» **EXERCISE INPUT**:
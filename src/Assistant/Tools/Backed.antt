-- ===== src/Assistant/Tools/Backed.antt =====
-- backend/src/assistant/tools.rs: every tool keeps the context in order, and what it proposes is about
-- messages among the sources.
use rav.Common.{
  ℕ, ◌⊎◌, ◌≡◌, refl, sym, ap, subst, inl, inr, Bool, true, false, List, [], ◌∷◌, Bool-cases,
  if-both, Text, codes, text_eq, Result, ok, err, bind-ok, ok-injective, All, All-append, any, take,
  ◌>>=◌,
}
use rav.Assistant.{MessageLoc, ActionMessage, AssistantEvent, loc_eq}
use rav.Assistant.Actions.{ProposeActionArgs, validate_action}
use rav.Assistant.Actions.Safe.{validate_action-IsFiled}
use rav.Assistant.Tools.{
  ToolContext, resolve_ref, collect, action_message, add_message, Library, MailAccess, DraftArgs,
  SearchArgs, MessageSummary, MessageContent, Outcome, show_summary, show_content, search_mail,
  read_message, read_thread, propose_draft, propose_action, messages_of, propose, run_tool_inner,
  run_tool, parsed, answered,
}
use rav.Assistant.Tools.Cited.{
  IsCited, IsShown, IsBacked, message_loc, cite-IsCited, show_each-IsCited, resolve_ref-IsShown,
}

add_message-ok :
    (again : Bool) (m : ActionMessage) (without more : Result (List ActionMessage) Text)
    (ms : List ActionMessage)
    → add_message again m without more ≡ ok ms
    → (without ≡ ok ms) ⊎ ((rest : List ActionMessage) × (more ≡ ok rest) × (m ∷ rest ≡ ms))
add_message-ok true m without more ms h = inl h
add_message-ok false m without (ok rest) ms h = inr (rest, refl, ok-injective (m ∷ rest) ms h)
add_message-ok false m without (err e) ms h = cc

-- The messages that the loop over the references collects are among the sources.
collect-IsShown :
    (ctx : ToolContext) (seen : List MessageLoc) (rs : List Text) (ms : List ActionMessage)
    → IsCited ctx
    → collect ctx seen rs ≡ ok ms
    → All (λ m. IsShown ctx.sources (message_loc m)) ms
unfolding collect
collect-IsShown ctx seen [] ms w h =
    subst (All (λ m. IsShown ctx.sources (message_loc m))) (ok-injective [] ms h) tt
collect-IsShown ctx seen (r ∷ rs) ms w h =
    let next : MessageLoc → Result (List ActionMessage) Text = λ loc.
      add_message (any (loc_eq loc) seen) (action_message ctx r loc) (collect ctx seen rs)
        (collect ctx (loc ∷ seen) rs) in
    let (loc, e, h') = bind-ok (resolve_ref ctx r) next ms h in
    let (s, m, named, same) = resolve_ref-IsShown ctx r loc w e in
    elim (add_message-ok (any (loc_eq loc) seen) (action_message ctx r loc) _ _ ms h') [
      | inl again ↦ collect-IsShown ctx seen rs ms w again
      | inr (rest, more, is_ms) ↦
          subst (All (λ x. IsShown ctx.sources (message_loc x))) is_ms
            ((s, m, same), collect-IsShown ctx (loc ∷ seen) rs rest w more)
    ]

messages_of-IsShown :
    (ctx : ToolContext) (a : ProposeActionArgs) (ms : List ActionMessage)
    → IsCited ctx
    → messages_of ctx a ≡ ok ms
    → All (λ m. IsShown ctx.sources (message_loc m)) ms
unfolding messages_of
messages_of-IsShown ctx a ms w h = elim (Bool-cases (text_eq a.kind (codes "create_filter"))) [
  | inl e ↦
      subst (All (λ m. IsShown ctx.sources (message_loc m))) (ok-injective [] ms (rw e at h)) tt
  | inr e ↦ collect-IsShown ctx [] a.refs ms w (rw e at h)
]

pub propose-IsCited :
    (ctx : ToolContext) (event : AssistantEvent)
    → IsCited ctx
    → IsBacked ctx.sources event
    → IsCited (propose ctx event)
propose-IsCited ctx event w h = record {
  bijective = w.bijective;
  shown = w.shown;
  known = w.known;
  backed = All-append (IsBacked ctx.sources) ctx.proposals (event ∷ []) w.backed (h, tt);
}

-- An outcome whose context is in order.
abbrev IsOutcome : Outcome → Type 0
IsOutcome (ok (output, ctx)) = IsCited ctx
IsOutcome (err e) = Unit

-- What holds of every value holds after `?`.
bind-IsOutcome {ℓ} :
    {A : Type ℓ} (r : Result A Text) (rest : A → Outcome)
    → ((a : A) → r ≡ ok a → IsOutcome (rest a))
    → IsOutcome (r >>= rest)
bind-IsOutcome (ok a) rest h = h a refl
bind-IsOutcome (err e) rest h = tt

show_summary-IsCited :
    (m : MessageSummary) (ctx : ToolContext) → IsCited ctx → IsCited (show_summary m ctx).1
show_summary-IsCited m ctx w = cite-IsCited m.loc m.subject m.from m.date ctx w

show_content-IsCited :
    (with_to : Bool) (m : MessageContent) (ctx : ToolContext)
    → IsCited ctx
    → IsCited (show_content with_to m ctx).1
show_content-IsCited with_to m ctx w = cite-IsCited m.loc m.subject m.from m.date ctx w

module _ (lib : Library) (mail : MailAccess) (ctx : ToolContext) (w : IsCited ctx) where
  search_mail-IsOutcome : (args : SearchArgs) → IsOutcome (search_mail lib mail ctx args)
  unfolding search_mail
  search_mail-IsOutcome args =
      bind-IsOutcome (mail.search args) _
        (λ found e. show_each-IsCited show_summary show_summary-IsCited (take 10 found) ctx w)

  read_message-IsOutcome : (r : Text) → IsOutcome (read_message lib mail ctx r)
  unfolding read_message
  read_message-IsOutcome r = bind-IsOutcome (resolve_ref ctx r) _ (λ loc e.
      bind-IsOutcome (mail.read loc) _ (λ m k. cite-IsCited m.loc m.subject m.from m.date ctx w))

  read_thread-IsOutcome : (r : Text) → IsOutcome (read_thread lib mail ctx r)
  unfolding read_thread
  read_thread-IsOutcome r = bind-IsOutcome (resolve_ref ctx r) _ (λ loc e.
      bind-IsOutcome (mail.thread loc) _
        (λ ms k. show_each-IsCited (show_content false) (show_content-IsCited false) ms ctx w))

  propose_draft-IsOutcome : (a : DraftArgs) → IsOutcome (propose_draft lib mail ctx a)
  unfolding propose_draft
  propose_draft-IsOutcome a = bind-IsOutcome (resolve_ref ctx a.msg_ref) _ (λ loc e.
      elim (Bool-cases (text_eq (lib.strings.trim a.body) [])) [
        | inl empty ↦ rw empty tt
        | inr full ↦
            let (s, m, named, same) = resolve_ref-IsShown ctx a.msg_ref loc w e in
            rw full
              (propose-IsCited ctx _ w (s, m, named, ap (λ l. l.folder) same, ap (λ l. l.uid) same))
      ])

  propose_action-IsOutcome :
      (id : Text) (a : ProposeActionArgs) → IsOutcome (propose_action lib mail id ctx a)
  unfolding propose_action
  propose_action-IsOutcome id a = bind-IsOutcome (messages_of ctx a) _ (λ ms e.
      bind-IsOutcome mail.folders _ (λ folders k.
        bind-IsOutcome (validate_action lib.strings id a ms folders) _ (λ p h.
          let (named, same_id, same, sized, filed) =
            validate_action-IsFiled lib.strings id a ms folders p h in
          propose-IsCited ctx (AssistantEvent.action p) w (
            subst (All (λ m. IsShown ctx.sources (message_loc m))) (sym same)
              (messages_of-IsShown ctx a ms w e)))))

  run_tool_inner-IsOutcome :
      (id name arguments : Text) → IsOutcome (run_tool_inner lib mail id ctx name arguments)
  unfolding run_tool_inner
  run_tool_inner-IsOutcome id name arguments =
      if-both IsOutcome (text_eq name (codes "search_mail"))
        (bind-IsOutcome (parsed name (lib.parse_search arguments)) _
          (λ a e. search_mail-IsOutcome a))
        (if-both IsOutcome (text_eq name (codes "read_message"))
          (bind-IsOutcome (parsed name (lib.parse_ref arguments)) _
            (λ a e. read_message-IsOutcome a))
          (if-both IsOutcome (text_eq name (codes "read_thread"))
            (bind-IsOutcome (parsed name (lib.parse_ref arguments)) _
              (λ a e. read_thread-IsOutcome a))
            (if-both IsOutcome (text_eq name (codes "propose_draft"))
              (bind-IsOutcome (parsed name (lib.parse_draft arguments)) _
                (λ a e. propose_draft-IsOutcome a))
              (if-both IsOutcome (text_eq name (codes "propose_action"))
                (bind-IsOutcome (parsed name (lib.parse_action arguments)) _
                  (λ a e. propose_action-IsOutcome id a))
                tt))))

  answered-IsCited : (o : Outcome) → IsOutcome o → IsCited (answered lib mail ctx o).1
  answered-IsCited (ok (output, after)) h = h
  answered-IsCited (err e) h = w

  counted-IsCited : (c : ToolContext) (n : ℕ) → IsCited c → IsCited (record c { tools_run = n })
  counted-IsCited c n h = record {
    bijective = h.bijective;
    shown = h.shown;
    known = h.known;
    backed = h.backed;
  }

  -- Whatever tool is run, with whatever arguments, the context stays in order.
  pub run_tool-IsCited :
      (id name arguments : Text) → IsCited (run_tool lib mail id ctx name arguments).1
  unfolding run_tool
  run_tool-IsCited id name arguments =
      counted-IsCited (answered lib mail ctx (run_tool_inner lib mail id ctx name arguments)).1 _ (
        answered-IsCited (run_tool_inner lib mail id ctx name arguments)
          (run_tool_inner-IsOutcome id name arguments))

---

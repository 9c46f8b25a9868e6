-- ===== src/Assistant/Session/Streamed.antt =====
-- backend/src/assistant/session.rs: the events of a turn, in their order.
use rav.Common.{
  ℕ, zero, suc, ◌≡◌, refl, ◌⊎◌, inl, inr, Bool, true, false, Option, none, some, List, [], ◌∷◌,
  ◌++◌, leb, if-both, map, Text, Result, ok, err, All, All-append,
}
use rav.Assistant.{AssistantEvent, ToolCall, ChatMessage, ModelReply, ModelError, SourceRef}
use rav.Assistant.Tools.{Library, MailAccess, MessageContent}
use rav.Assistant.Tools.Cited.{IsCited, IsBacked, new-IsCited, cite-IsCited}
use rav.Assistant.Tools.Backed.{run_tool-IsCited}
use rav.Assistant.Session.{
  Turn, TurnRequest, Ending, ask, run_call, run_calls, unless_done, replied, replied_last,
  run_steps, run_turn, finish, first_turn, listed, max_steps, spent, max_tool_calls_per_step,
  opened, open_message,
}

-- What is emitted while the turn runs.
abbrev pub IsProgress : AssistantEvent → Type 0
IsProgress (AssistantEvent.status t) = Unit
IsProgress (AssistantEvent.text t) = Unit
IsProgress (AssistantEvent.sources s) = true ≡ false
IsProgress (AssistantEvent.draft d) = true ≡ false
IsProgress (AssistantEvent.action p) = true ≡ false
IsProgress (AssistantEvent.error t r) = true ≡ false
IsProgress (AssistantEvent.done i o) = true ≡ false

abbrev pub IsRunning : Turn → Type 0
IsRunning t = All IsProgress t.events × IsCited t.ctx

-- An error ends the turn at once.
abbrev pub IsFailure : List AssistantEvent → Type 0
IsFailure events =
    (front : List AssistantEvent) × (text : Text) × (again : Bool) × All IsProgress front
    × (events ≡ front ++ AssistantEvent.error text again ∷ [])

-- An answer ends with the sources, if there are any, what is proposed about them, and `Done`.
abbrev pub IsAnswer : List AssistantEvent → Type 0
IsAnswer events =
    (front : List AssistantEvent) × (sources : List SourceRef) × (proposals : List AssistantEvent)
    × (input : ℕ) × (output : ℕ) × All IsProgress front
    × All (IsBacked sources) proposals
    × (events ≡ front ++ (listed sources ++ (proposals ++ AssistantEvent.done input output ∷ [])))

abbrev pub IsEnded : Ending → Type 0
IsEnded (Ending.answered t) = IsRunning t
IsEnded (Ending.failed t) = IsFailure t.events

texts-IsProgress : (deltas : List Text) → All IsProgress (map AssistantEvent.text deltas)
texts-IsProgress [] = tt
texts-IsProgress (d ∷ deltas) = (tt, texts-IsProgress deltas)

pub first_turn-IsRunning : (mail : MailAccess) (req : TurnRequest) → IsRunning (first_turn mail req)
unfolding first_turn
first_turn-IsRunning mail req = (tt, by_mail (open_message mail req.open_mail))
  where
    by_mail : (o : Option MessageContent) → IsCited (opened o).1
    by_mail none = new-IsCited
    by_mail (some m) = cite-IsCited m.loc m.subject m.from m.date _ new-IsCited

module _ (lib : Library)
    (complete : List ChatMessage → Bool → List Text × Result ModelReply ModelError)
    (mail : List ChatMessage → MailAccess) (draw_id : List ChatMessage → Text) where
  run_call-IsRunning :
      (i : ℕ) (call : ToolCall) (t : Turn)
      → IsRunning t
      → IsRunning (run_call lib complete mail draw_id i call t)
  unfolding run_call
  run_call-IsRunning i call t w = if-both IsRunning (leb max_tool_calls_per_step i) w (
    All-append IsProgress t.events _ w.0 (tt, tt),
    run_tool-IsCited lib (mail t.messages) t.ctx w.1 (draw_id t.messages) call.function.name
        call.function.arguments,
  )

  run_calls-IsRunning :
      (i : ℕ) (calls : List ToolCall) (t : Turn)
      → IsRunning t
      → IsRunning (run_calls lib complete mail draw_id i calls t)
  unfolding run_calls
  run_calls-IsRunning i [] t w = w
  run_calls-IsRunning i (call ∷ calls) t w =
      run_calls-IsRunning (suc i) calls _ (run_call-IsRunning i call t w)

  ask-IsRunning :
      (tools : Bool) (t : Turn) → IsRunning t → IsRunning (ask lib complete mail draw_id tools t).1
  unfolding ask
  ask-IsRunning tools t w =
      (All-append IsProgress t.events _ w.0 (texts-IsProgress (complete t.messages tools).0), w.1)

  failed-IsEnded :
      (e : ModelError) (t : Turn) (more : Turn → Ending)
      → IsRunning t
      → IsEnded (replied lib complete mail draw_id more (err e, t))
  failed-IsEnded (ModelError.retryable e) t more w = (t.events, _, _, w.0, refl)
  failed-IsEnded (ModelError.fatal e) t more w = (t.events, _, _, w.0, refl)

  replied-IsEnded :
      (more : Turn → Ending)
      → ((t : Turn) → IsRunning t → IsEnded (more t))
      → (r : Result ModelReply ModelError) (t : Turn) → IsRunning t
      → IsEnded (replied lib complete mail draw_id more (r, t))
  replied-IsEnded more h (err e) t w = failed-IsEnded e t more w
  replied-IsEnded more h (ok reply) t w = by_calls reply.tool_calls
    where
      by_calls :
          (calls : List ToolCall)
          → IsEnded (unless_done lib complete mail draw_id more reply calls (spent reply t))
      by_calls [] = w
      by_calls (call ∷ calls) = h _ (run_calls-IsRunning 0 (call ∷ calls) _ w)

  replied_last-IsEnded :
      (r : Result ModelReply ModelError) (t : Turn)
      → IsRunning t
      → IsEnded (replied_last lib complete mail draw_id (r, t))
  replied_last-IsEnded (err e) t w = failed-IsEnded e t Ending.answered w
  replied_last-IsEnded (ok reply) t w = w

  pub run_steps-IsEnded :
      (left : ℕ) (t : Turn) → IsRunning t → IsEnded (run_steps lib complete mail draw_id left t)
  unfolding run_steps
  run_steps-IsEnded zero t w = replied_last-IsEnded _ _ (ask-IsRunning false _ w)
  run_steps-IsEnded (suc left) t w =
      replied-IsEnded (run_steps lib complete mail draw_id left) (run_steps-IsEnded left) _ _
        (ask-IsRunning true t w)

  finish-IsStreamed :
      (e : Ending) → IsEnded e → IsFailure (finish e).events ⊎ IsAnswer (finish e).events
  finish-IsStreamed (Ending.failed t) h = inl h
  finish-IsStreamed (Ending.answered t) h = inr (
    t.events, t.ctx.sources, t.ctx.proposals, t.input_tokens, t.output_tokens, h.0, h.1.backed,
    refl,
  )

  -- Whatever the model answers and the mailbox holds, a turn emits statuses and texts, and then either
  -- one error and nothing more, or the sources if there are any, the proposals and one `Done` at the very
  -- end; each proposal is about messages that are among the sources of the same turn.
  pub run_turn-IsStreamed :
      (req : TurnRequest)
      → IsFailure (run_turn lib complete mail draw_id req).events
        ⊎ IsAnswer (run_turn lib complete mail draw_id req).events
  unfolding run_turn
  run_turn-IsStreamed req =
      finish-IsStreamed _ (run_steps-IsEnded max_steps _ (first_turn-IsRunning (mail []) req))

» **WORK INSTRUCTIONS**: For this exercise, gather every line of the data that contains the word "ActionMessage".

» **TASK RESPONSE**:
use rav.Assistant.{MessageLoc, ActionMessage, AssistantEvent, loc_eq}
    (again : Bool) (m : ActionMessage) (without more : Result (List ActionMessage) Text)
    (ms : List ActionMessage)
    → (without ≡ ok ms) ⊎ ((rest : List ActionMessage) × (more ≡ ok rest) × (m ∷ rest ≡ ms))
    (ctx : ToolContext) (seen : List MessageLoc) (rs : List Text) (ms : List ActionMessage)
    let next : MessageLoc → Result (List ActionMessage) Text = λ loc.
    (ctx : ToolContext) (a : ProposeActionArgs) (ms : List ActionMessage)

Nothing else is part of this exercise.